BEGIN

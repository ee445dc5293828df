-- ===== src/Checks/Titles.antt =====
-- A session that gets its title at concrete inputs.
use crew_im.Prelude.{◌≡◌, refl, none, [], ◌∷◌}
use crew_im.World.{World}
use crew_im.Claude.Client.{new_claude_client}
use crew_im.Understanding.Title.{auto_title_session, shortened, trim_quotes, first_runes}
use crew_im.Understanding.Title.Bounds.{Titled, row, auto_title_session-Titled}
use crew_im.Checks.Data.{services, world}

abbrev untitled : World
untitled = record world {
  sessions = record { id = 5; user_id = 1; title = none; created_at = 0; updated_at = 0 } ∷ [];
}

quotes_go : trim_quotes "「周报」" ≡ "周报"
unfolding trim_quotes
quotes_go = refl

fifteen_at_most : shortened "abcdefghijklmnop" ≡ "abcdefghijklmn…"
unfolding shortened first_runes
fifteen_at_most = refl

auto_title_session-Titled_example :
    Titled services 5 5 (row 5 untitled) (
      row 5
        (auto_title_session services (new_claude_client "k" "" "") 1 5 "order lunch" untitled).1)
auto_title_session-Titled_example =
    auto_title_session-Titled services (new_claude_client "k" "" "") 1 5 5 "order lunch" untitled
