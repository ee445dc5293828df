-- ===== src/Claude.antt =====
-- The client of the language model, server/internal/ai/claude.go.
pub mod Model
pub mod Client
pub mod Calls
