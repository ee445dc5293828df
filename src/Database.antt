-- ===== src/Database.antt =====
-- `Connect`, `Close` and `Migrate` of server/internal/db/db.go. The pool, the database and what they do
-- are parameters; the statements go by names, with their texts in the source.
use mathlib.Core.Path.{subst}
use crew_im.Prelude.{
  String, ◌≡◌, refl, Option, none, some, List, [], ◌∷◌, ◌<>◌, Result, ok, err, All, ap,
}

pub data SchemaStatement : Type 0 where
  -- `SchemaSQL`: every table of the first version and its indexes, `IF NOT EXISTS`
  schema_sql : SchemaStatement
  -- `ALTER TABLE tasks ADD COLUMN IF NOT EXISTS session_id`
  add_session_id : SchemaStatement
  -- `CREATE INDEX IF NOT EXISTS idx_tasks_session`
  index_tasks_session : SchemaStatement
  -- `CREATE TABLE IF NOT EXISTS user_accounts`
  create_user_accounts : SchemaStatement
  -- `CREATE TABLE IF NOT EXISTS push_tokens`
  create_push_tokens : SchemaStatement

-- pgxpool with a database behind it; an error is its text.
pub record Driver (Pool Db : Type 0) : Type 0 where
  pub new_pool : String → Result Pool
  pub ping : Pool → Option String
  pub exec : SchemaStatement → Db → Option String × Db
  pub close_pool : Pool → Pool

module _ {Pool Db : Type 0} (d : Driver Pool Db) where
  opened_pool : Result Pool → Option Pool × Option String
  opened_pool (err e) = (none, some ("unable to connect to database: " <> e))
  opened_pool (ok pool) = (some pool, d.ping pool)

  -- `Connect`: what `Pool` is afterwards, and the error.
  unfoldable pub connect : String → Option Pool × Option String
  unfolding opened_pool
  connect url = opened_pool (d.new_pool url)

  unfoldable pub close : Option Pool → Option Pool
  close none = none
  close (some pool) = some (d.close_pool pool)

  abbrev pub migrations : List SchemaStatement
  migrations = add_session_id ∷ index_tasks_session ∷ create_user_accounts ∷ create_push_tokens ∷ []

  -- An error ends it, and is said as `said` says it.
  unfoldable pub unless_failed :
      (String → String) → (Db → Option String × Db) → Option String × Db → Option String × Db
  unless_failed said next (none, db) = next db
  unless_failed said next (some e, db) = (some (said e), db)

  -- The loop over the migrations.
  unfoldable pub migrate_each : List SchemaStatement → Db → Option String × Db
  migrate_each [] db = (none, db)
  migrate_each (m ∷ ms) db =
      unless_failed (λ e. "migration failed: " <> e) (migrate_each ms) (d.exec m db)

  unfoldable pub migrate : Db → Option String × Db
  migrate db = unless_failed (λ e. e) (migrate_each migrations) (d.exec schema_sql db)

  -- What `IF NOT EXISTS` promises: a statement that has succeeded leaves its tables and indexes there,
  -- as every later one does, and then does nothing.
  pub record IsRepeatable (Has : SchemaStatement → Db → Type 0) : Type 0 where
    pub made : (s : SchemaStatement) (db db' : Db) → d.exec s db ≡ (none, db') → Has s db'
    pub stays :
        (s t : SchemaStatement) (db db' : Db) → Has s db → d.exec t db ≡ (none, db') → Has s db'
    pub again : (s : SchemaStatement) (db : Db) → Has s db → d.exec s db ≡ (none, db)

  unless_failed-none :
      (said : String → String) (next : Db → Option String × Db) (o : Option String × Db) (r : Db)
      → unless_failed said next o ≡ (none, r)
      → (o ≡ (none, o.1)) × (next o.1 ≡ (none, r))
  unfolding unless_failed
  unless_failed-none said next (none, db) r e = (refl, e)
  unless_failed-none said next (some x, db) r e =
      let no : some (said x) ≡ none = ap (λ q. q.0) e in cc

  module _ (Has : SchemaStatement → Db → Type 0) (repeatable : IsRepeatable Has) where
    migrate_each-stays :
        (s : SchemaStatement) (ms : List SchemaStatement) (db db' : Db)
        → Has s db
        → migrate_each ms db ≡ (none, db')
        → Has s db'
    unfolding migrate_each
    migrate_each-stays s [] db db' has e = subst (Has s) (ap (λ q. q.1) e) has
    migrate_each-stays s (m ∷ ms) db db' has e =
        let (one, rest) = unless_failed-none _ (migrate_each ms) (d.exec m db) db' e in
        migrate_each-stays s ms (d.exec m db).1 db'
          (repeatable.stays s m db (d.exec m db).1 has one) rest

    migrate_each-made :
        (ms : List SchemaStatement) (db db' : Db)
        → migrate_each ms db ≡ (none, db')
        → All (λ s. Has s db') ms
    unfolding migrate_each
    migrate_each-made [] db db' e = tt
    migrate_each-made (m ∷ ms) db db' e =
        let (one, rest) = unless_failed-none _ (migrate_each ms) (d.exec m db) db' e in
        let next = (d.exec m db).1 in
        (
          migrate_each-stays m ms next db' (repeatable.made m db next one) rest,
          migrate_each-made ms next db' rest,
        )

    migrate_each-again :
        (ms : List SchemaStatement) (db : Db)
        → All (λ s. Has s db) ms
        → migrate_each ms db ≡ (none, db)
    unfolding migrate_each unless_failed
    migrate_each-again [] db all = refl
    migrate_each-again (m ∷ ms) db all =
        rw (repeatable.again m db all.0) (migrate_each-again ms db all.1)

    -- With statements that can be repeated, a `Migrate` that succeeds leaves every table of the
    -- server there, and a second one, as at the next start of the server, succeeds and changes
    -- nothing.
    pub migrate-again :
        (db db' : Db)
        → migrate db ≡ (none, db')
        → All (λ s. Has s db') (schema_sql ∷ migrations) × (migrate db' ≡ (none, db'))
    unfolding migrate unless_failed
    migrate-again db db' e =
        let (one, rest) =
          unless_failed-none _ (migrate_each migrations) (d.exec schema_sql db) db' e in
        let next = (d.exec schema_sql db).1 in
        let schema =
          migrate_each-stays schema_sql migrations next db' (repeatable.made schema_sql db next one)
            rest in
        let each = migrate_each-made migrations next db' rest in
        (
          (schema, each),
          rw (repeatable.again schema_sql db' schema) (migrate_each-again migrations db' each),
        )
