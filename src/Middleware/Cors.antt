-- ===== src/Middleware/Cors.antt =====
-- `CORS` of server/internal/middleware/cors.go.
use crew_im.Prelude.{String, List, [], ◌∷◌, if◌then◌else◌, str_eq}
use crew_im.World.{Io}

abbrev pub cors_headers : List (String × String)
cors_headers =
    ("Access-Control-Allow-Origin", "*")
    ∷ ("Access-Control-Allow-Methods", "GET, POST, PUT, DELETE, OPTIONS")
    ∷ ("Access-Control-Allow-Headers", "Content-Type, Authorization")
    ∷ ("Access-Control-Max-Age", "86400")
    ∷ []

-- 204 in place of the handler's reply for the method OPTIONS, with the headers in any case.
pub data CorsReply (A : Type 0) : Type 0 where
  no_content : CorsReply A
  served : A → CorsReply A

unfoldable pub cors : {A : Type 0} → String → Io A → Io (List (String × String) × CorsReply A)
cors method next w =
    if str_eq method "OPTIONS"
    then ((cors_headers, no_content), w)
    else (let (a, w') = next w in ((cors_headers, served a), w'))
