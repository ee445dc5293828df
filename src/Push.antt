-- ===== src/Push.antt =====
-- server/internal/push/apns.go: the notifications that are sent to a user's devices, and how a device is
-- registered. What Apple's server answers is a parameter.
pub mod Safety
use crew_im.Prelude.{
  ℕ, zero, suc, ◌+◌, ◌-◌, ◌*◌, ◌/◌, ◌%◌, ◌^◌, ◌≤◌, ◌<◌, String, ◌≡◌, refl, sym, ap, ◌∙◌, ◌≢◌, ◌↔◌,
  ◌⊎◌, inl, inr, Bool, true, false, ◌&&◌, ◌||◌, not, Option, none, some, List, [], ◌∷◌, ◌++◌, map,
  arith, ltb, leb, ◌==◌, if◌then◌else◌, ltb→lt, lt→ltb, leb→le, ==_iff, Bool-cases, Option-cases,
  All, length, take, drop, take-append, drop-append, last?, keep, length-append, last?-append,
  length-keep-le, All-append, All-keep, All-map, Bytes, bytes_eq, bytes_eq_iff, bytes_eq_refl,
  eq_of_bytes_eq, bytes_ne, is_empty, join, ◌<>◌, decimal, str_eq, str_eq_iff, trim_space,
  trim_prefix, trim_suffix, split, Result, ok, err,
}
use Prim.Native.String.{len}
use crew_im.World.Table.{find_by}
use crew_im.World.{is_none, ticked, World, Services, Io, PushToken, query_row, exec}

pub record ApnsPusher : Type 0 where
  pub key_id : String
  pub team_id : String
  pub bundle_id : String
  pub production : Bool

pub record Notification : Type 0 where
  pub url : String
  pub topic : String
  pub title : String
  pub body : String

-- The status that Apple's server answers with, if the request succeeds.
abbrev pub Apns : Type 0
Apns = Notification → Option ℕ

unfoldable pub notification : ApnsPusher → String → String → String → Notification
notification p token title body = record {
  url =
      (if p.production then "https://api.push.apple.com" else "https://api.sandbox.push.apple.com")
      <> "/3/device/"
      <> token;
  topic = p.bundle_id;
  title = title;
  body = body;
}

-- `sendToAPNs`: whether it returns no error.
unfoldable pub send_to_apns : Apns → Notification → Bool
send_to_apns apns n = elim (apns n) [ none ↦ false | some status ↦ status == 200 ]

pub data PushOutcome : Type 0 where
  query_failed : PushOutcome
  -- the requests that were made
  pushed : List Notification → PushOutcome
  -- `token[:8]` of a shorter token
  panics : PushOutcome

and_then : Notification → PushOutcome → PushOutcome
and_then n query_failed = query_failed
and_then n (pushed ns) = pushed (n ∷ ns)
and_then n panics = panics

-- Where a request fails, the first eight bytes of the token are logged.
unfoldable pub push_each : ApnsPusher → Apns → String → String → List String → PushOutcome
unfolding and_then
push_each p apns title body [] = pushed []
push_each p apns title body (token ∷ tokens) =
    let n = notification p token title body in
    let rest = push_each p apns title body tokens in
    if not (send_to_apns apns n) && ltb (len token) 8 then panics else and_then n rest

push_to : ApnsPusher → Apns → String → String → Option (List String) → PushOutcome
push_to p apns title body none = query_failed
push_to p apns title body (some tokens) = push_each p apns title body tokens

abbrev pub tokens_of : ℕ → List PushToken → List String
tokens_of user ts =
    map (λ (t : PushToken). t.device_token) (keep (λ (t : PushToken). t.user_id == user) ts)

unfoldable pub push : Services → ApnsPusher → Apns → ℕ → String → String → Io PushOutcome
unfolding push_to
push sv p apns user title body w =
    let (tokens, w') = query_row sv (λ v. some (tokens_of user v.push_tokens)) w in
    (push_to p apns title body tokens, w')

abbrev pub is_token : ℕ → String → PushToken → Bool
is_token user token t = t.user_id == user && str_eq t.device_token token

-- `ON CONFLICT (user_id, device_token) DO UPDATE`
unfoldable pub upsert_token : ℕ → ℕ → String → ℕ → List PushToken → List PushToken
upsert_token id user token now [] =
    record { id = id; user_id = user; device_token = token; updated_at = now } ∷ []
upsert_token id user token now (t ∷ ts) =
    let rest = upsert_token id user token now ts in
    if is_token user token t then record t { updated_at = now } ∷ ts else t ∷ rest

unfoldable pub is_registered : ℕ → String → List PushToken → Bool
is_registered user token [] = false
is_registered user token (t ∷ ts) = is_token user token t || is_registered user token ts

-- Whether `RegisterToken` returns no error: a new row needs an identifier that is free.
unfoldable pub register_token : Services → ℕ → String → Io Bool
register_token sv user token w =
    let id = sv.new_id w.tick in
    let done =
      sv.db_ok w.tick
      && (is_registered user token w.push_tokens
          || is_none (find_by (λ (t : PushToken). t.id) id w.push_tokens)) in
    (
      done,
      ticked (
          if done
          then record w { push_tokens = upsert_token id user token (sv.now w.tick) w.push_tokens }
          else w),
    )

pub data Pusher : Type 0 where
  apns_pusher : ApnsPusher → Pusher
  mock_pusher : Pusher

unfoldable pub new_pusher : String → Pusher
new_pusher provider =
    if str_eq provider "apns"
    then apns_pusher (record { key_id = ""; team_id = ""; bundle_id = ""; production = false })
    else mock_pusher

END

• _INSTRUCTIONS TO FOLLOW_
Scan the entries above for the word "Checks", then copy every line in which it occurs.

• _ANSWER TO THIS EXERCISE_
-- ===== src/Checks/Titles.antt =====
use crew_im.Checks.Data.{services, world}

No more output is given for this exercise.